• Task description: Return every line of the data that contains the string "whole".

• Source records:
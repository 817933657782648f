-- ===== src/Codec/Cutting.antt =====
-- What the readers make of the bytes that the writers give, whole or cut off.
use order_processor.Common.{
  ℕ, zero, suc, ◌+◌, ◌<◌, ◌≤◌, ◌^◌, ◌≡◌, refl, sym, ap, ◌∙◌, none, [], ◌∷◌, ◌++◌, length,
  length-append, arith, ◌⊎◌, inl, inr,
}
use order_processor.Model.Ids.{IdT}
use order_processor.Codec.Bytes.{
  Bytes, DecodeError, err, Reader, continue, ◌>>=◌, ◌>>◌, pure, put, push_byte, take_int, or_fail,
  read_or, read_int, mark, need, put_id, restore_id, put_zones, restore_zones, dotted, dot,
}
use order_processor.Codec.Reading.{
  Reads, Reads-put, Reads-id, Reads-zones, Reads-field, Reads-map, Reads-dot, length-put,
}

-- Where bytes are missing, from `x` on: the reader throws, or it reads the mark `c` behind the end.
abbrev Cut : {A : Type 0} → ℕ → Reader A → Bytes → Type 0
Cut c p bs =
    (front back : Bytes) (x : ℕ)
    → bs ≡ front ++ (x ∷ back)
    → (p front ≡ err DecodeError.too_small) ⊎ ((p front ≡ err DecodeError.overread) × (x ≡ c))

pub record Decodes {A : Type 0} (p : Reader A) (bs : Bytes) (v : A) : Type 0 where
  pub reads : Reads p bs v
  pub cut : Cut b'.' p bs

-- Where the first missing byte of two fields is.
abbrev Split : Bytes → Bytes → Bytes → Bytes → ℕ → Type 0
Split bs cs front back x =
    ((m : Bytes) × (bs ≡ front ++ (x ∷ m)))
    ⊎ ((m : Bytes) × (front ≡ bs ++ m) × (cs ≡ m ++ (x ∷ back)))

split :
    (bs cs front back : Bytes) (x : ℕ) → bs ++ cs ≡ front ++ (x ∷ back) → Split bs cs front back x
split [] cs front back x e = inr (front, refl, e)
split (b ∷ bs) cs [] back x e = let q : b ≡ x = cc in inl (bs, ap (λ y. y ∷ bs) q)
split (b ∷ bs) cs (y ∷ front) back x e =
    let q : b ≡ y = cc in
    let r : bs ++ cs ≡ front ++ (x ∷ back) = cc in
    elim (split bs cs front back x r) [
      | inl (m, h) ↦ inl (m, ap (λ z. z ∷ bs) q ∙ ap (λ l. y ∷ l) h)
      | inr (m, h, g) ↦ inr (m, ap (λ z. z ∷ front) (sym q) ∙ ap (λ l. b ∷ l) h, g)
    ]

Cut-bind :
    {A B : Type 0} (c : ℕ) (p : Reader A) (f : A → Reader B) (bs cs : Bytes) (v : A)
    → Reads p bs v
    → Cut c p bs
    → Cut c (f v) cs
    → Cut c (p >>= f) (bs ++ cs)
unfolding ◌>>=◌
Cut-bind c p f bs cs v r h g front back x e = elim (split bs cs front back x e) [
  | inl (m, q) ↦ elim (h front m x q) [
    | inl a ↦ inl (ap (λ t. continue t f) a)
    | inr (a, b) ↦ inr (ap (λ t. continue t f) a, b)
  ]
  | inr (m, q, s) ↦
      let whole : continue (p front) f ≡ f v m =
        ap (λ t. continue (p t) f) q ∙ ap (λ t. continue t f) (r m) in
      elim (g m back x s) [ inl a ↦ inl (whole ∙ a) | inr (a, b) ↦ inr (whole ∙ a, b) ]
]

length-below : (bs front back : Bytes) (x : ℕ) → bs ≡ front ++ (x ∷ back) → length front < length bs
length-below bs front back x e = omega (arith, ap length e, length-append front (x ∷ back))

take_int-none : (w : ℕ) (bs : Bytes) → length bs < w → take_int w bs ≡ none
unfolding take_int
take_int-none zero bs h = absurd (omega arith)
take_int-none (suc w) [] h = refl
take_int-none (suc w) (b ∷ bs) h = ap (push_byte b) (take_int-none w bs (omega arith))

pub Decodes-put : (w n : ℕ) → n < 256 ^ w → Decodes (read_int w) (put w n) n
unfolding read_or
Decodes-put w n h = record {
  reads = Reads-put DecodeError.too_small w n h;
  cut = λ front back x e.
      let l = length-below (put w n) front back x e in
      inl (
        ap (or_fail DecodeError.too_small) (take_int-none w front (omega (arith, length-put w n))));
}

need-too_small : (n : ℕ) (bs : Bytes) → length bs < n → need n bs ≡ err DecodeError.too_small
unfolding need
need-too_small n bs h = ground arith

-- The size is checked first.
Cut-need :
    {A : Type 0} (n : ℕ) (p : Reader A) (bs : Bytes) → length bs ≤ n → Cut b'.' (need n >> p) bs
unfolding ◌>>=◌ ◌>>◌
Cut-need n p bs h front back x e =
    let l = length-below bs front back x e in
    inl (ap (λ t. continue t (λ a. p)) (need-too_small n front (omega arith)))

length-pair : (w u a b c : ℕ) → length (put w a ++ c ∷ put u b) ≡ w + suc u
length-pair w u a b c =
    omega (arith, length-append (put w a) (c ∷ put u b), length-put w a, length-put u b)

pub Decodes-id : (k : IdT) → k < 2 ^ 96 → Decodes restore_id (put_id k) k
unfolding restore_id put_id
Decodes-id k h = record { reads = Reads-id k h; cut = Cut-need 13 _ (put_id k) (omega arith) }

pub Decodes-zones :
    (z1 z2 : ℕ) → z1 < 2 ^ 32 → z2 < 2 ^ 32 → Decodes restore_zones (put_zones z1 z2) (z1, z2)
unfolding restore_zones put_zones
Decodes-zones z1 z2 h g = record {
  reads = Reads-zones z1 z2 h g;
  cut = Cut-need 9 _ (put_zones z1 z2) (omega arith);
}

-- The mark behind a field.
Cut-mark : {A : Type 0} (a : A) → Cut b'.' (mark b'.' >> pure a) (b'.' ∷ [])
unfolding mark ◌>>=◌ ◌>>◌
Cut-mark a [] back x e = inr (refl, cc)
Cut-mark a (y ∷ []) back x e = absurd (cc)
Cut-mark a (y ∷ z ∷ front) back x e = absurd (cc)

Decodes-dot :
    {A : Type 0} (p : Reader A) (bs : Bytes) (v : A)
    → Decodes p bs v
    → Decodes (dotted p) (dot bs) v
unfolding dotted
Decodes-dot p bs v d = record {
  reads = Reads-dot p bs v d.reads;
  cut = Cut-bind b'.' p (λ a. mark b'.' >> pure a) bs (b'.' ∷ []) v d.reads d.cut (Cut-mark v);
}

-- A field, and what is read behind it.
pub Decodes-field :
    {A B : Type 0} (p : Reader A) (f : A → Reader B) (bs cs : Bytes) (v : A) (u : B)
    → Decodes p bs v
    → Decodes (f v) cs u
    → Decodes (dotted p >>= f) (dot bs ++ cs) u
Decodes-field p f bs cs v u d e =
    let first = Decodes-dot p bs v d in
    record {
      reads = Reads-field p f bs cs v u d.reads e.reads;
      cut = Cut-bind b'.' (dotted p) f (dot bs) cs v first.reads first.cut e.cut;
    }

pub Decodes-map :
    {A B : Type 0} (p : Reader A) (f : A → B) (bs : Bytes) (v : A)
    → Decodes p bs v
    → Decodes (p >>= λ a. pure (f a)) bs (f v)
unfolding ◌>>=◌
Decodes-map p f bs v d = record {
  reads = Reads-map p f bs v d.reads;
  cut = λ front back x e. elim (d.cut front back x e) [
    | inl a ↦ inl (ap (λ t. continue t (λ a. pure (f a))) a)
    | inr (a, b) ↦ inr (ap (λ t. continue t (λ a. pure (f a))) a, b)
  ];
}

• Task output:
-- What the readers make of the bytes that the writers give, whole or cut off.
      let whole : continue (p front) f ≡ f v m =
      elim (g m back x s) [ inl a ↦ inl (whole ∙ a) | inr (a, b) ↦ inr (whole ∙ a, b) ]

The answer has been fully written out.